*** MATERIAL PROVIDED ***
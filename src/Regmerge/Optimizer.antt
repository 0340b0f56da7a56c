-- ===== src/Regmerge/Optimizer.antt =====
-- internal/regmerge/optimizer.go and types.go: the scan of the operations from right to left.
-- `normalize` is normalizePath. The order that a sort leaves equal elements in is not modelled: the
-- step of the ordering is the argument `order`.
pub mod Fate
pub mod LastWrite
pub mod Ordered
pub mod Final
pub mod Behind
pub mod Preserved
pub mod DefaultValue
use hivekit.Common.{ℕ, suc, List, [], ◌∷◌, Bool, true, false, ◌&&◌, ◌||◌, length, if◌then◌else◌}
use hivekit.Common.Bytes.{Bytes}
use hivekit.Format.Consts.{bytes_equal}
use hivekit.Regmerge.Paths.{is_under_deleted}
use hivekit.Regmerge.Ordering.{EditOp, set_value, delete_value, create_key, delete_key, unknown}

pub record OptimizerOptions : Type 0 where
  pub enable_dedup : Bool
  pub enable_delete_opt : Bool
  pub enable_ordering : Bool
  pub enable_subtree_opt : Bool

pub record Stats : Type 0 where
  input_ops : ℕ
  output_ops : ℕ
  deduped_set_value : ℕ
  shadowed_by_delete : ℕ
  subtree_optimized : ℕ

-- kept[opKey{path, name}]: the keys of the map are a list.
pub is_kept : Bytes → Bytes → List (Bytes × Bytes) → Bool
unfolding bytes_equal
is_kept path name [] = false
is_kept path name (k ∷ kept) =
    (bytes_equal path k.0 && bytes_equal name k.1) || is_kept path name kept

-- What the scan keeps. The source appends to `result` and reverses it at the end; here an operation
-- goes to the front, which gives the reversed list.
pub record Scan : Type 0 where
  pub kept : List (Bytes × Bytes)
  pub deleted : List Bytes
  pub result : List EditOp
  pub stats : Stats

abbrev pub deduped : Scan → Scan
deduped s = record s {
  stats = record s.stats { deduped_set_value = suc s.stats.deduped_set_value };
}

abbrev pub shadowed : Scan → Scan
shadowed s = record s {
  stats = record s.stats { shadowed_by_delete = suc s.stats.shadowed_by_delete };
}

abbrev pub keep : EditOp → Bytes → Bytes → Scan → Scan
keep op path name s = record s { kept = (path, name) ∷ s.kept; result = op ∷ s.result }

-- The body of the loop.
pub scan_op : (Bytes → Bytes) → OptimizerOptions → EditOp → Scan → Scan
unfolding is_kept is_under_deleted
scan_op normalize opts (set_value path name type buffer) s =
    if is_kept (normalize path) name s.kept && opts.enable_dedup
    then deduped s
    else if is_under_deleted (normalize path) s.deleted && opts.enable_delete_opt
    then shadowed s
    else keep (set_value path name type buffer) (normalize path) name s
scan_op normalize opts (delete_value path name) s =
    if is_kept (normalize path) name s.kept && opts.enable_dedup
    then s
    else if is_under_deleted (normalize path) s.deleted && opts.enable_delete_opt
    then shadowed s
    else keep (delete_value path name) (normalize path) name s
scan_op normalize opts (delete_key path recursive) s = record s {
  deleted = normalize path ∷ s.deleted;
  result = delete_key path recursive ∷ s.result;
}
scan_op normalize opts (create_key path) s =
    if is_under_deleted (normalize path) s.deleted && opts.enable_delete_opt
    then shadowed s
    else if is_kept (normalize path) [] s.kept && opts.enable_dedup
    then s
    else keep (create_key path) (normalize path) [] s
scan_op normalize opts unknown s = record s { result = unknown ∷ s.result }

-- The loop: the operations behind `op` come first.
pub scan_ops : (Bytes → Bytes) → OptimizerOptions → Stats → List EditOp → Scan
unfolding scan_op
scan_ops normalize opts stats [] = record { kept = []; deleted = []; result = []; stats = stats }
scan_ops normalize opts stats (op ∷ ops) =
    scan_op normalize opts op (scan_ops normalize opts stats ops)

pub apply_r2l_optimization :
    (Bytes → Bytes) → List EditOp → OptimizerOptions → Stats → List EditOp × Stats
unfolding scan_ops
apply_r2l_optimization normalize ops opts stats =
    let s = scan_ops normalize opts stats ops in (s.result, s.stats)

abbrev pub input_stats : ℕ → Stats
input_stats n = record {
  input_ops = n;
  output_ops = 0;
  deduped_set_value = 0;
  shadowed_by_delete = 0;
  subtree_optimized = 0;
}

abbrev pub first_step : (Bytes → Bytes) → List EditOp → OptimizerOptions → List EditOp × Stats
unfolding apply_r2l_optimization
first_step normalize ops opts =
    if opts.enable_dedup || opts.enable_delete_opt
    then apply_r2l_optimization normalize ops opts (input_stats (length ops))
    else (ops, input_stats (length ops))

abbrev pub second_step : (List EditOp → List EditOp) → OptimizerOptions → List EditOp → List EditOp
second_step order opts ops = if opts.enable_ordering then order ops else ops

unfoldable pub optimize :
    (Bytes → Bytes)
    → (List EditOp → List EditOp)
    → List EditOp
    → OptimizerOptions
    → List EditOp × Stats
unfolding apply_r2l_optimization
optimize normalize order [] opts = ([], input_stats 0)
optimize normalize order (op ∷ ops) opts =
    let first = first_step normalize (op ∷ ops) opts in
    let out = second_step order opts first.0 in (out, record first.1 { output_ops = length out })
*** End of MATERIAL PROVIDED ***
*** MATERIAL PROVIDED ***
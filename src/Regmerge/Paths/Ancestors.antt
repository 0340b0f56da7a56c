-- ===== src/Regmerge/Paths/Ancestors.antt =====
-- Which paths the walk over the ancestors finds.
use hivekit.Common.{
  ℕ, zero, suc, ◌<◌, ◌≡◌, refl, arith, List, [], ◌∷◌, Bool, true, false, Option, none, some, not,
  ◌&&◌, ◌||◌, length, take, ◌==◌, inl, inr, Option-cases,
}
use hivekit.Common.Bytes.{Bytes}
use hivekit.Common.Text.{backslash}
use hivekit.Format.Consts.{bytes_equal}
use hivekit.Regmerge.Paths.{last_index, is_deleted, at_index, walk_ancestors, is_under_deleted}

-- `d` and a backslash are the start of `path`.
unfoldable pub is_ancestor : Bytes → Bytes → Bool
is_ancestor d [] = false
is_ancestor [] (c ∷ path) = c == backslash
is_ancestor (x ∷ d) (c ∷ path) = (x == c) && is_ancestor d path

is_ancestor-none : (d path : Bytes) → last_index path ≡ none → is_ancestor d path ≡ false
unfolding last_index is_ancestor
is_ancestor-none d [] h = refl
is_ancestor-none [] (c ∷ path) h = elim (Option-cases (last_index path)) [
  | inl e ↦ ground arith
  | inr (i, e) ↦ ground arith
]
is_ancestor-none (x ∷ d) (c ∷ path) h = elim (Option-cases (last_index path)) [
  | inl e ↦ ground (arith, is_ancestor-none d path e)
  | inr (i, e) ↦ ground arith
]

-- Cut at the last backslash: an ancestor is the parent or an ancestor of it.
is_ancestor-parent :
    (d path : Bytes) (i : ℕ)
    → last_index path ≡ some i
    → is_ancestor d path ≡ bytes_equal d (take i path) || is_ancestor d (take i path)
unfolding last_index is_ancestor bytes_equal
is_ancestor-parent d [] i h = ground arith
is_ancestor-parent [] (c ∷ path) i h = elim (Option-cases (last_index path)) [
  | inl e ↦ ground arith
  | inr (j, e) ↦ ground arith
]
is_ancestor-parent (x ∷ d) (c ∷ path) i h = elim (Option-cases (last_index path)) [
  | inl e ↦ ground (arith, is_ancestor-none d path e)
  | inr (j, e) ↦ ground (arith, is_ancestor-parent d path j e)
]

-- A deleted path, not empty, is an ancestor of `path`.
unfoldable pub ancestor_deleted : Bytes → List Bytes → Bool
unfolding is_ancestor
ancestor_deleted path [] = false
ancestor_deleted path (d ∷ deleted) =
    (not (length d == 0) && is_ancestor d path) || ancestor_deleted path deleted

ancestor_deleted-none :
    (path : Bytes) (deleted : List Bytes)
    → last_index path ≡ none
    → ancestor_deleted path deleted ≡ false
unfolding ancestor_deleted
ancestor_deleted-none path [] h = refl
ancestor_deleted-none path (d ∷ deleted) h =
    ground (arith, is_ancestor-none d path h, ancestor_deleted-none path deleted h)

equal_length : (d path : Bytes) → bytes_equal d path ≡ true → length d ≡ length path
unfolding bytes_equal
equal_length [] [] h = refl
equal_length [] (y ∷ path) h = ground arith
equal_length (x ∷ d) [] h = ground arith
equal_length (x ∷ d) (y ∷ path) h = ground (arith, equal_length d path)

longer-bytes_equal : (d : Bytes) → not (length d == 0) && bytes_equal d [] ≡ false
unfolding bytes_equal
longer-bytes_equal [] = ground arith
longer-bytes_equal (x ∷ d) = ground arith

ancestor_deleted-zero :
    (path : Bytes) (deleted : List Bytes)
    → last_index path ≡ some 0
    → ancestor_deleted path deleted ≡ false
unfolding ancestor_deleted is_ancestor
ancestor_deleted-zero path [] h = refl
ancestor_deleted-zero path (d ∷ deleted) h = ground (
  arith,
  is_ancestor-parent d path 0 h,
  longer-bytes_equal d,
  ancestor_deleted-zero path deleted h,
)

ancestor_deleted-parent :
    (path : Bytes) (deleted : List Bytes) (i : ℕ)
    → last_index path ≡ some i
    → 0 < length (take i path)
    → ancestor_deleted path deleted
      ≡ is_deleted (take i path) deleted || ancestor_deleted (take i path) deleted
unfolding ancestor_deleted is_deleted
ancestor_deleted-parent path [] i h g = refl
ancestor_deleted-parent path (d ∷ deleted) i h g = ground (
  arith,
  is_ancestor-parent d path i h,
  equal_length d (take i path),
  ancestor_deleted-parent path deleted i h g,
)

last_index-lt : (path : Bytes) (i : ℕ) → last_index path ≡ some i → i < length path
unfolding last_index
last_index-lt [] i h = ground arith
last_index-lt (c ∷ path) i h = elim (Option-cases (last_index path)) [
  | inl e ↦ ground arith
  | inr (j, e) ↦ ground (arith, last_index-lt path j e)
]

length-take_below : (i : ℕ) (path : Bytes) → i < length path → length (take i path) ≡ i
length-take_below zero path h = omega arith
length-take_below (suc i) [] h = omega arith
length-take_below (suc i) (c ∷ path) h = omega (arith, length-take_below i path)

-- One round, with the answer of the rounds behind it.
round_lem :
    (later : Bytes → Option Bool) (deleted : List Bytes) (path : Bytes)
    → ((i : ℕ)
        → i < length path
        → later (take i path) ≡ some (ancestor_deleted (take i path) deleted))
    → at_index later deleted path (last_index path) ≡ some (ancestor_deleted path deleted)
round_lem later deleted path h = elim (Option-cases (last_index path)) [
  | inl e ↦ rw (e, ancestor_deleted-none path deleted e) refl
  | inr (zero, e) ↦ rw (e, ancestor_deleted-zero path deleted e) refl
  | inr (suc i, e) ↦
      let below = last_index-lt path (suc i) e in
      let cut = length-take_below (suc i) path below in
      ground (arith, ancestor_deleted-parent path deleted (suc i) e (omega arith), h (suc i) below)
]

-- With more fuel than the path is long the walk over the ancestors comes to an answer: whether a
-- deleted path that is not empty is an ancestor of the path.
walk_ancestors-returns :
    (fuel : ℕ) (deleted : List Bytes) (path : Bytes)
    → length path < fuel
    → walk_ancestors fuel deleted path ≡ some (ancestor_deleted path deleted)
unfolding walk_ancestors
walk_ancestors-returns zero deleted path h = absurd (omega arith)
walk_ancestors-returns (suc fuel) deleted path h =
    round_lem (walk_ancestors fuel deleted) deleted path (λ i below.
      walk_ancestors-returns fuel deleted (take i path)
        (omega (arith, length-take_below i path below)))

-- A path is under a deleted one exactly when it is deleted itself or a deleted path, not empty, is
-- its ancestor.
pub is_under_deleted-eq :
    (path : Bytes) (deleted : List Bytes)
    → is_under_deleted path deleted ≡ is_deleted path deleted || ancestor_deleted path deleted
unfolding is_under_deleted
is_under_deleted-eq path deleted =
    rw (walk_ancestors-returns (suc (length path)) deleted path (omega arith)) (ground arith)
*** End of MATERIAL PROVIDED ***
The lines to extract from the data above begin with the line containing "filename src/Regmerge/Optimizer.antt" and end with the line containing "pub mod Fate". Extract them exactly, including both.

filename src/Regmerge/Optimizer.antt
repository 0340b0f56da7a56c
-- ===== src/Regmerge/Optimizer.antt =====
-- internal/regmerge/optimizer.go and types.go: the scan of the operations from right to left.
-- `normalize` is normalizePath. The order that a sort leaves equal elements in is not modelled: the
-- step of the ordering is the argument `order`.
pub mod Fate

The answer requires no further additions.